Niegotowi do pracy? Firmy nie chcą zatrudniać Gen-Z
Badania wskazują, że coraz więcej młodych pracowników z pokolenia Z traci pracę w krótkim czasie po ich zatrudnieniu. Wynika to z różnych czynników, które pracodawcy postrzegają jako wyzwania, w tym brak motywacji, profesjonalizmu i umiejętności organizacyjnych. Wielu pracodawców zgłasza, że młodzi pracownicy nie są odpowiednio przygotowani do wymagań świata pracy.
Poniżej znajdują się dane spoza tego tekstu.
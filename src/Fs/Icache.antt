-- ===== src/Fs/Icache.antt =====
-- The inodes of src/fs.c, on the disk and in the cache: ialloc, iupdate, iget, idup, ilock, iunlock.
use pinky_os.Prelude.{
  ℕ, zero, suc, ◌+◌, ◌-◌, ◌*◌, ◌/◌, ◌%◌, ◌^◌, true, false, not, ◌&&◌, ◌||◌, Option, none, some,
  List, [], ◌∷◌, ltb, ◌==◌, if◌then◌else◌, replicate,
}
use pinky_os.Outcome.{Outcome, ok, panic, waits, ◌>>=◌}
use pinky_os.Ide.{Block}
use pinky_os.Ints.{int_at, set_int}
use pinky_os.Fs.{
  Inode, Fs, put_inode, read_block, release_block, log_block, data_of, put_data, readsb,
  inodes_per_block, inode_block,
}

-- NINODE and NDIRECT
abbrev pub ninode : ℕ
ninode = 50

abbrev pub ndirect : ℕ
ndirect = 12

-- `(struct dinode*) bp->data + inum % IPB`, as the number of its first word: a `struct dinode` is of
-- 16 words, the first two of two `short` fields each.
abbrev pub dinode : (inum : ℕ) → ℕ
dinode inum = inum % inodes_per_block * 16

abbrev pub low_half : ℕ → ℕ
low_half w = w % 2 ^ 16

abbrev pub high_half : ℕ → ℕ
high_half w = w / 2 ^ 16

-- n words from word w on.
unfoldable pub words_at : Block → (w n : ℕ) → List ℕ
words_at b w zero = []
words_at b w (suc n) = int_at b w ∷ words_at b (w + 1) n

unfoldable pub set_words : Block → (w : ℕ) → List ℕ → Block
set_words b w [] = b
set_words b w (v ∷ vs) = set_words (set_int b w v) (w + 1) vs

-- The fields of an inode as the disk has them.
unfoldable pub load_inode : Block → Inode → Inode
unfolding words_at
load_inode b ip =
    let w = dinode ip.inum in
    record ip {
      kind = low_half (int_at b w);
      major = high_half (int_at b w);
      minor = low_half (int_at b (w + 1));
      nlink = high_half (int_at b (w + 1));
      size = int_at b (w + 2);
      addrs = words_at b (w + 3) (ndirect + 1);
    }

unfoldable pub store_inode : Inode → Block → Block
unfolding set_words
store_inode ip b =
    set_words b (dinode ip.inum)
      ((ip.kind + 2 ^ 16 * ip.major) ∷ (ip.minor + 2 ^ 16 * ip.nlink) ∷ ip.size ∷ ip.addrs)

unfoldable pub iupdate : Fs → (ip : ℕ) → Outcome Fs
unfolding store_inode
iupdate fs ip = do
  (i, fs) ← read_block fs (fs.inode ip).dev (inode_block (fs.inode ip).inum)
  fs ← log_block (put_data fs i (store_inode (fs.inode ip) (data_of fs i))) i
  release_block fs i

-- The loop of `iget`: a slot that has the inode in use, and the first slot that is not in use, of
-- the n from i on.
unfoldable pub cached : (ℕ → Inode) → (dev inum i n : ℕ) → Option ℕ
cached inode dev inum i zero = none
cached inode dev inum i (suc n) =
    let rest = cached inode dev inum (i + 1) n in
    if ltb 0 (inode i).ref && (inode i).dev == dev && (inode i).inum == inum then some i else rest

unfoldable pub first_unused : (ℕ → Inode) → (i n : ℕ) → Option ℕ
first_unused inode i zero = none
first_unused inode i (suc n) =
    let rest = first_unused inode (i + 1) n in if (inode i).ref == 0 then some i else rest

unfoldable pub iget : Fs → (dev inum : ℕ) → Outcome (ℕ × Fs)
unfolding cached first_unused
iget fs dev inum = elim (cached fs.inode dev inum 0 ninode) [
  | some i ↦ ok (i, put_inode fs i (record (fs.inode i) { ref = (fs.inode i).ref + 1 }))
  | none ↦ elim (first_unused fs.inode 0 ninode) [
    | none ↦ panic "iget: no inodes"
    | some i ↦ ok (
      i,
      put_inode fs i
          (record (fs.inode i) { dev = dev; inum = inum; ref = 1; busy = false; valid = false }),
    )
  ]
]

-- The loop of `ialloc` from inode inum on, in n rounds.
unfoldable pub ialloc_from : Fs → (dev kind inum n : ℕ) → Outcome (ℕ × Fs)
unfolding set_words
ialloc_from fs dev kind inum zero = panic "ialloc: no inodes"
ialloc_from fs dev kind inum (suc n) = do
  (i, fs) ← read_block fs dev (inode_block inum)
  if low_half (int_at (data_of fs i) (dinode inum)) == 0
      then (do
        fs ←
            log_block
              (put_data fs i (set_words (data_of fs i) (dinode inum) (kind ∷ replicate 15 0))) i
        fs ← release_block fs i
        iget fs dev inum)
      else (release_block fs i >>= λ fs. ialloc_from fs dev kind (inum + 1) n)

unfoldable pub ialloc : Fs → (dev kind : ℕ) → Outcome (ℕ × Fs)
ialloc fs dev kind = do (sb, fs) ← readsb fs dev; ialloc_from fs dev kind 1 (sb.ninodes - 1)

unfoldable pub idup : Fs → (ip : ℕ) → Fs
idup fs ip = put_inode fs ip (record (fs.inode ip) { ref = (fs.inode ip).ref + 1 })

-- The end of `ilock`: the inode is read in unless it is valid.
unfoldable pub read_in : Fs → (ip : ℕ) → Outcome Fs
unfolding load_inode
read_in fs ip = if (fs.inode ip).valid then ok fs else (do
  (i, fs) ← read_block fs (fs.inode ip).dev (inode_block (fs.inode ip).inum)
  let loaded = load_inode (data_of fs i) (fs.inode ip)
  fs ← release_block fs i
  let fs = put_inode fs ip (record loaded { valid = true })
  if loaded.kind == 0 then panic "ilock: no type" else ok fs)

-- `ilock`; it waits while another process has the inode locked.
unfoldable pub ilock : Fs → (ip : ℕ) → Outcome Fs
ilock fs ip =
    if ltb (fs.inode ip).ref 1
    then panic "ilock"
    else if (fs.inode ip).busy
    then waits
    else read_in (put_inode fs ip (record (fs.inode ip) { busy = true })) ip

unfoldable pub iunlock : Fs → (ip : ℕ) → Outcome Fs
iunlock fs ip =
    if not (fs.inode ip).busy || ltb (fs.inode ip).ref 1
    then panic "iunlock"
    else ok (put_inode fs ip (record (fs.inode ip) { busy = false }))
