-- ===== src/Fs/Cache.antt =====
-- The inode cache of src/fs.c: each inode has one slot, and `iget` counts one reference more.
use pinky_os.Prelude.{
  ℕ, zero, suc, ◌+◌, ◌≤◌, ◌<◌, ◌≡◌, ap, ◌≢◌, inl, inr, false, none, some, arith, test_of_ne,
  eq_self, Option-cases,
}
use pinky_os.Outcome.{Outcome, ok, panic, waits}
use pinky_os.Fs.{Inode, Fs, put_inode}
use pinky_os.Fs.Icache.{ninode, cached, first_unused, iget}

-- A slot that has an inode in use.
abbrev pub Has : (ℕ → Inode) → (dev inum i : ℕ) → Type 0
Has inode dev inum i =
    (i < ninode) × (0 < (inode i).ref) × ((inode i).dev ≡ dev) × ((inode i).inum ≡ inum)

-- No inode is in use in two slots.
abbrev pub IsUnique : (ℕ → Inode) → Type 0
IsUnique inode = (dev inum i j : ℕ) → Has inode dev inum i → Has inode dev inum j → i ≡ j

module _ (inode : ℕ → Inode) (dev inum : ℕ) where
  cached-some :
      (i n j : ℕ)
      → cached inode dev inum i n ≡ some j
      → (j < i + n) × (0 < (inode j).ref) × ((inode j).dev ≡ dev) × ((inode j).inum ≡ inum)
  unfolding cached
  cached-some i zero j e = cc
  cached-some i (suc n) j e = ground (arith, cached-some (i + 1) n j)

  cached-none :
      (i n j : ℕ)
      → cached inode dev inum i n ≡ none
      → i ≤ j
      → j < i + n
      → 0 < (inode j).ref
      → (inode j).dev ≡ dev
      → (inode j).inum ≢ inum
  unfolding cached
  cached-none i zero j e le lt r d = absurd (omega arith)
  cached-none i (suc n) j e le lt r d = ground (
    arith,
    cached-none (i + 1) n j,
    ap (λ (k : ℕ). (inode k).ref) {x = i} {y = j},
    ap (λ (k : ℕ). (inode k).dev) {x = i} {y = j},
    ap (λ (k : ℕ). (inode k).inum) {x = i} {y = j},
  )

  first_unused-some :
      (i n j : ℕ) → first_unused inode i n ≡ some j → (j < i + n) × ((inode j).ref ≡ 0)
  unfolding first_unused
  first_unused-some i zero j e = cc
  first_unused-some i (suc n) j e = ground (arith, first_unused-some (i + 1) n j)

  first_unused-none :
      (i n j : ℕ) → first_unused inode i n ≡ none → i ≤ j → j < i + n → 0 < (inode j).ref
  unfolding first_unused
  first_unused-none i zero j e le lt = absurd (omega arith)
  first_unused-none i (suc n) j e le lt =
      ground (arith, first_unused-none (i + 1) n j, ap (λ (k : ℕ). (inode k).ref) {x = i} {y = j})

-- The slot that `iget` returns, and the cache it leaves.
pub record Got (fs : Fs) (dev inum i : ℕ) (fs' : Fs) : Type 0 where
  pub here : Has fs'.inode dev inum i
  pub counted : (fs'.inode i).ref ≡ (fs.inode i).ref + 1
  pub kept : 0 < (fs.inode i).ref → fs'.inode i ≡ record (fs.inode i) { ref = (fs.inode i).ref + 1 }
  pub recycled : (fs.inode i).ref ≡ 0 → (fs'.inode i).valid ≡ false
  pub others : (j : ℕ) → j ≢ i → fs'.inode j ≡ fs.inode j
  pub unique : IsUnique fs'.inode

abbrev pub Gets : Fs → (dev inum : ℕ) → Outcome (ℕ × Fs) → Type 0
Gets fs dev inum (ok (i, fs')) = Got fs dev inum i fs'
Gets fs dev inum (panic m) =
    (j : ℕ) → j < ninode → (0 < (fs.inode j).ref) × (Has fs.inode dev inum j → ⊥)
Gets fs dev inum waits = ⊥

hit :
    (fs : Fs) (dev inum i : ℕ)
    → IsUnique fs.inode
    → Has fs.inode dev inum i
    → Got fs dev inum i (put_inode fs i (record (fs.inode i) { ref = (fs.inode i).ref + 1 }))
hit fs dev inum i u h = record {
  here = (h.0, rw (eq_self i) (omega arith), rw (eq_self i) h.2, rw (eq_self i) h.3);
  counted = rw (eq_self i);
  kept = λ p. rw (eq_self i);
  recycled = λ z. absurd (let r = h.1 in omega arith);
  others = λ j ne. rw (test_of_ne j i ne);
  unique = λ d n j k hj hk.
      ground (
        arith,
        u d n j k,
        u d n i k,
        u d n j i,
        h,
        ap (λ (m : ℕ). (fs.inode m).dev) {x = j} {y = i},
      );
}

miss :
    (fs : Fs) (dev inum i : ℕ)
    → IsUnique fs.inode
    → ((j : ℕ) → Has fs.inode dev inum j → ⊥)
    → i < ninode
    → (fs.inode i).ref ≡ 0
    → Got fs dev inum i (
        put_inode fs i
          (record (fs.inode i) { dev = dev; inum = inum; ref = 1; busy = false; valid = false }))
miss fs dev inum i u absent range z = record {
  here = (range, rw (eq_self i) (omega arith), rw (eq_self i), rw (eq_self i));
  counted = rw (eq_self i, z);
  kept = λ p. absurd (omega arith);
  recycled = λ p. rw (eq_self i);
  others = λ j ne. rw (test_of_ne j i ne);
  unique = λ d n j k hj hk.
      ground
        (arith, u d n j k, absent j, absent k, ap (λ (m : ℕ). (fs.inode m).dev) {x = j} {y = i});
}

-- Where no inode is in use in two slots, `iget` returns the slot that has the inode, or recycles one
-- that is not in use; it counts one reference more, touches no other slot, and still no inode is in
-- two slots. It panics only when every slot is in use and none has the inode, and never waits.
pub iget_lem : (fs : Fs) (dev inum : ℕ) → IsUnique fs.inode → Gets fs dev inum (iget fs dev inum)
unfolding iget
iget_lem fs dev inum u = elim (Option-cases (cached fs.inode dev inum 0 50)) [
  | inr (i, e) ↦
      let (range, r, d, n) = cached-some fs.inode dev inum 0 50 i e in
      rw (e, Gets) (hit fs dev inum i u (omega arith, r, d, n))
  | inl e ↦
      let absent : (j : ℕ) → Has fs.inode dev inum j → ⊥ = (λ j h.
        cached-none fs.inode dev inum 0 50 j e (omega arith) (let b = h.0 in omega arith) h.1 h.2
          h.3) in
      elim (Option-cases (first_unused fs.inode 0 50)) [
        | inr (i, f) ↦
            let (range, z) = first_unused-some fs.inode dev inum 0 50 i f in
            rw (e, f, Gets) (miss fs dev inum i u absent (omega arith) z)
        | inl f ↦
            rw (e, f, Gets)
              (λ j h. (first_unused-none fs.inode dev inum 0 50 j f (omega arith) h, absent j))
      ]
]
Firmy coraz częściej kręcą nosem na zatrudnianie świeżo upieczonych absolwentów pokolenia Z, którzy wchodzą na rynek pracy z nieco zawiłym zestawem nawyków. Według najnowszych badań Intelligent.com, 75% firm twierdzi, że nowi absolwenci nie spełniają oczekiwań, a 60% musiało się z nimi pożegnać w ciągu roku. Główne zarzuty? Brak motywacji, umiejętności komunikacyjnych i profesjonalizmu.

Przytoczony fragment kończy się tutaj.